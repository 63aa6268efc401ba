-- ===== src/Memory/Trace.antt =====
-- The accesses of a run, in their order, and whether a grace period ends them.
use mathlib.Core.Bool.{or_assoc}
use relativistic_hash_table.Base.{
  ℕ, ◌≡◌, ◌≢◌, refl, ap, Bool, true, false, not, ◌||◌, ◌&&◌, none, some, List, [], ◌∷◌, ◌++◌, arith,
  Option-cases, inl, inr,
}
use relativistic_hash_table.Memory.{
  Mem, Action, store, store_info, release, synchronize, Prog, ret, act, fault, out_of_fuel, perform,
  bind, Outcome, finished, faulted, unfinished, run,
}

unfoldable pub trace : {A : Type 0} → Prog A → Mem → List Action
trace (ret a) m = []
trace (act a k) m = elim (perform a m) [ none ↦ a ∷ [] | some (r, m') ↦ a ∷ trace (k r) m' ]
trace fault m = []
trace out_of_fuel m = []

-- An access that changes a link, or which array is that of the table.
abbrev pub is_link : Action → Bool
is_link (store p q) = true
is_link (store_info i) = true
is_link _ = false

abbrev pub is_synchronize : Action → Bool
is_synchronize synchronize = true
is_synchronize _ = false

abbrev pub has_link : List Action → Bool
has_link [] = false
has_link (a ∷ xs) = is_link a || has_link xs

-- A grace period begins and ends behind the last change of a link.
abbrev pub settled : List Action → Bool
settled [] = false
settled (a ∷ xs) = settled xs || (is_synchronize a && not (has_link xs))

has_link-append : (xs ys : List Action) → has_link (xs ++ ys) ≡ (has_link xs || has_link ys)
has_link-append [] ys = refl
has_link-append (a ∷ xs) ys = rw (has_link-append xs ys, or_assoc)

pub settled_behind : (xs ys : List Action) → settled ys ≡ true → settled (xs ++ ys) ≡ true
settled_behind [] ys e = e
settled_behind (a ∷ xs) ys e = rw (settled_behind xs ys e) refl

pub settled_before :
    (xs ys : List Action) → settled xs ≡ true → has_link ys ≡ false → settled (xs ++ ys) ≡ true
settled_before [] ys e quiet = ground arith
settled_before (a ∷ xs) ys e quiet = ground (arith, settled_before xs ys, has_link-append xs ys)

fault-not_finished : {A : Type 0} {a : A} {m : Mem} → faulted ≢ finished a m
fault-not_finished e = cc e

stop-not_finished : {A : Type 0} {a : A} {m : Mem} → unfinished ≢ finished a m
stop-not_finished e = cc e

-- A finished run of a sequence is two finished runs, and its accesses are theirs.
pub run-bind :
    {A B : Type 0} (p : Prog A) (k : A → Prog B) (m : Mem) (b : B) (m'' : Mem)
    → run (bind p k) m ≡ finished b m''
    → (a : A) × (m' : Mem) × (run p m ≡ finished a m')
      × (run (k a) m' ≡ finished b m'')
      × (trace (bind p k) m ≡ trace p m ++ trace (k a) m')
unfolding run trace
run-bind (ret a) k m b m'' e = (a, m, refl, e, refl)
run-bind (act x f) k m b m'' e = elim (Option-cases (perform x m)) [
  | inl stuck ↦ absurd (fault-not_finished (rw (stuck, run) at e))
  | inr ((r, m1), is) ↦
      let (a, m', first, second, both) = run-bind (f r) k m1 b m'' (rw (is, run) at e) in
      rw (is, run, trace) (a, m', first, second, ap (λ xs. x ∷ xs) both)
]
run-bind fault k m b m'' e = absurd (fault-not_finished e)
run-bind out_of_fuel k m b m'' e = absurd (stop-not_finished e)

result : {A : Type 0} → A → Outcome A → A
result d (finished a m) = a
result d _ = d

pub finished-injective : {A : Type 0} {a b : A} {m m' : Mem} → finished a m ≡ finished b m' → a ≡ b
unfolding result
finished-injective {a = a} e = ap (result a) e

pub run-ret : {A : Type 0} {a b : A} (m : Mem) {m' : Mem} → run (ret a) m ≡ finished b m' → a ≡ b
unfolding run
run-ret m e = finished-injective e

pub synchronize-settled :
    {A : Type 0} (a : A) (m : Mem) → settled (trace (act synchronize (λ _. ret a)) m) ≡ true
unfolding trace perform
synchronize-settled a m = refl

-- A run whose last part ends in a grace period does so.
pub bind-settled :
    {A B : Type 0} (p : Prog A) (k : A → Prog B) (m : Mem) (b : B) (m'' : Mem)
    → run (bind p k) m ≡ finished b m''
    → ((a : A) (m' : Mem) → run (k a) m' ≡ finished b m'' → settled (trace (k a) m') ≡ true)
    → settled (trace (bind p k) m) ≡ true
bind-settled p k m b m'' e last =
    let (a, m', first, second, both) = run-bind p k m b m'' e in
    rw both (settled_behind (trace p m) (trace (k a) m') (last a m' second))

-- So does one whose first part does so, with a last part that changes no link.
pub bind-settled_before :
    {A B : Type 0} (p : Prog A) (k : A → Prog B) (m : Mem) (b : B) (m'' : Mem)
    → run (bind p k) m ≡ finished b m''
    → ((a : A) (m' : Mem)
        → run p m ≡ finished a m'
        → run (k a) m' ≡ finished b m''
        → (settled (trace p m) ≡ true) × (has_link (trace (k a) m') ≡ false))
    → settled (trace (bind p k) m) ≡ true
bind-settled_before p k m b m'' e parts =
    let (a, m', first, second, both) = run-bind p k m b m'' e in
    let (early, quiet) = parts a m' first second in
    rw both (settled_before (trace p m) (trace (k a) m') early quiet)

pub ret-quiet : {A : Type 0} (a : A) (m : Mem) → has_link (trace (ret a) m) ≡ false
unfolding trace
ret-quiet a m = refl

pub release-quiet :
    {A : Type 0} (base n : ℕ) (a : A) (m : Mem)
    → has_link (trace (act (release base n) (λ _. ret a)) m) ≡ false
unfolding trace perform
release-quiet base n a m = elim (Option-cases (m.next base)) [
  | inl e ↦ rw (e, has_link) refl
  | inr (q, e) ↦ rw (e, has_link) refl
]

• ASSIGNED TASK
The entire listing is to be repeated exactly.

• ANSWER TO THE PROBLEM
repository 63aa6268efc401ba
-- ===== src/Memory/Trace.antt =====
-- The accesses of a run, in their order, and whether a grace period ends them.
use mathlib.Core.Bool.{or_assoc}
use relativistic_hash_table.Base.{
  ℕ, ◌≡◌, ◌≢◌, refl, ap, Bool, true, false, not, ◌||◌, ◌&&◌, none, some, List, [], ◌∷◌, ◌++◌, arith,
  Option-cases, inl, inr,
}
use relativistic_hash_table.Memory.{
  Mem, Action, store, store_info, release, synchronize, Prog, ret, act, fault, out_of_fuel, perform,
  bind, Outcome, finished, faulted, unfinished, run,
}

unfoldable pub trace : {A : Type 0} → Prog A → Mem → List Action
trace (ret a) m = []
trace (act a k) m = elim (perform a m) [ none ↦ a ∷ [] | some (r, m') ↦ a ∷ trace (k r) m' ]
trace fault m = []
trace out_of_fuel m = []

-- An access that changes a link, or which array is that of the table.
abbrev pub is_link : Action → Bool
is_link (store p q) = true
is_link (store_info i) = true
is_link _ = false

abbrev pub is_synchronize : Action → Bool
is_synchronize synchronize = true
is_synchronize _ = false

abbrev pub has_link : List Action → Bool
has_link [] = false
has_link (a ∷ xs) = is_link a || has_link xs

-- A grace period begins and ends behind the last change of a link.
abbrev pub settled : List Action → Bool
settled [] = false
settled (a ∷ xs) = settled xs || (is_synchronize a && not (has_link xs))

has_link-append : (xs ys : List Action) → has_link (xs ++ ys) ≡ (has_link xs || has_link ys)
has_link-append [] ys = refl
has_link-append (a ∷ xs) ys = rw (has_link-append xs ys, or_assoc)

pub settled_behind : (xs ys : List Action) → settled ys ≡ true → settled (xs ++ ys) ≡ true
settled_behind [] ys e = e
settled_behind (a ∷ xs) ys e = rw (settled_behind xs ys e) refl

pub settled_before :
    (xs ys : List Action) → settled xs ≡ true → has_link ys ≡ false → settled (xs ++ ys) ≡ true
settled_before [] ys e quiet = ground arith
settled_before (a ∷ xs) ys e quiet = ground (arith, settled_before xs ys, has_link-append xs ys)

fault-not_finished : {A : Type 0} {a : A} {m : Mem} → faulted ≢ finished a m
fault-not_finished e = cc e

stop-not_finished : {A : Type 0} {a : A} {m : Mem} → unfinished ≢ finished a m
stop-not_finished e = cc e

-- A finished run of a sequence is two finished runs, and its accesses are theirs.
pub run-bind :
    {A B : Type 0} (p : Prog A) (k : A → Prog B) (m : Mem) (b : B) (m'' : Mem)
    → run (bind p k) m ≡ finished b m''
    → (a : A) × (m' : Mem) × (run p m ≡ finished a m')
      × (run (k a) m' ≡ finished b m'')
      × (trace (bind p k) m ≡ trace p m ++ trace (k a) m')
unfolding run trace
run-bind (ret a) k m b m'' e = (a, m, refl, e, refl)
run-bind (act x f) k m b m'' e = elim (Option-cases (perform x m)) [
  | inl stuck ↦ absurd (fault-not_finished (rw (stuck, run) at e))
  | inr ((r, m1), is) ↦
      let (a, m', first, second, both) = run-bind (f r) k m1 b m'' (rw (is, run) at e) in
      rw (is, run, trace) (a, m', first, second, ap (λ xs. x ∷ xs) both)
]
run-bind fault k m b m'' e = absurd (fault-not_finished e)
run-bind out_of_fuel k m b m'' e = absurd (stop-not_finished e)

result : {A : Type 0} → A → Outcome A → A
result d (finished a m) = a
result d _ = d

pub finished-injective : {A : Type 0} {a b : A} {m m' : Mem} → finished a m ≡ finished b m' → a ≡ b
unfolding result
finished-injective {a = a} e = ap (result a) e

pub run-ret : {A : Type 0} {a b : A} (m : Mem) {m' : Mem} → run (ret a) m ≡ finished b m' → a ≡ b
unfolding run
run-ret m e = finished-injective e

pub synchronize-settled :
    {A : Type 0} (a : A) (m : Mem) → settled (trace (act synchronize (λ _. ret a)) m) ≡ true
unfolding trace perform
synchronize-settled a m = refl

-- A run whose last part ends in a grace period does so.
pub bind-settled :
    {A B : Type 0} (p : Prog A) (k : A → Prog B) (m : Mem) (b : B) (m'' : Mem)
    → run (bind p k) m ≡ finished b m''
    → ((a : A) (m' : Mem) → run (k a) m' ≡ finished b m'' → settled (trace (k a) m') ≡ true)
    → settled (trace (bind p k) m) ≡ true
bind-settled p k m b m'' e last =
    let (a, m', first, second, both) = run-bind p k m b m'' e in
    rw both (settled_behind (trace p m) (trace (k a) m') (last a m' second))

-- So does one whose first part does so, with a last part that changes no link.
pub bind-settled_before :
    {A B : Type 0} (p : Prog A) (k : A → Prog B) (m : Mem) (b : B) (m'' : Mem)
    → run (bind p k) m ≡ finished b m''
    → ((a : A) (m' : Mem)
        → run p m ≡ finished a m'
        → run (k a) m' ≡ finished b m''
        → (settled (trace p m) ≡ true) × (has_link (trace (k a) m') ≡ false))
    → settled (trace (bind p k) m) ≡ true
bind-settled_before p k m b m'' e parts =
    let (a, m', first, second, both) = run-bind p k m b m'' e in
    let (early, quiet) = parts a m' first second in
    rw both (settled_before (trace p m) (trace (k a) m') early quiet)

pub ret-quiet : {A : Type 0} (a : A) (m : Mem) → has_link (trace (ret a) m) ≡ false
unfolding trace
ret-quiet a m = refl

pub release-quiet :
    {A : Type 0} (base n : ℕ) (a : A) (m : Mem)
    → has_link (trace (act (release base n) (λ _. ret a)) m) ≡ false
unfolding trace perform
release-quiet base n a m = elim (Option-cases (m.next base)) [
  | inl e ↦ rw (e, has_link) refl
  | inr (q, e) ↦ rw (e, has_link) refl
]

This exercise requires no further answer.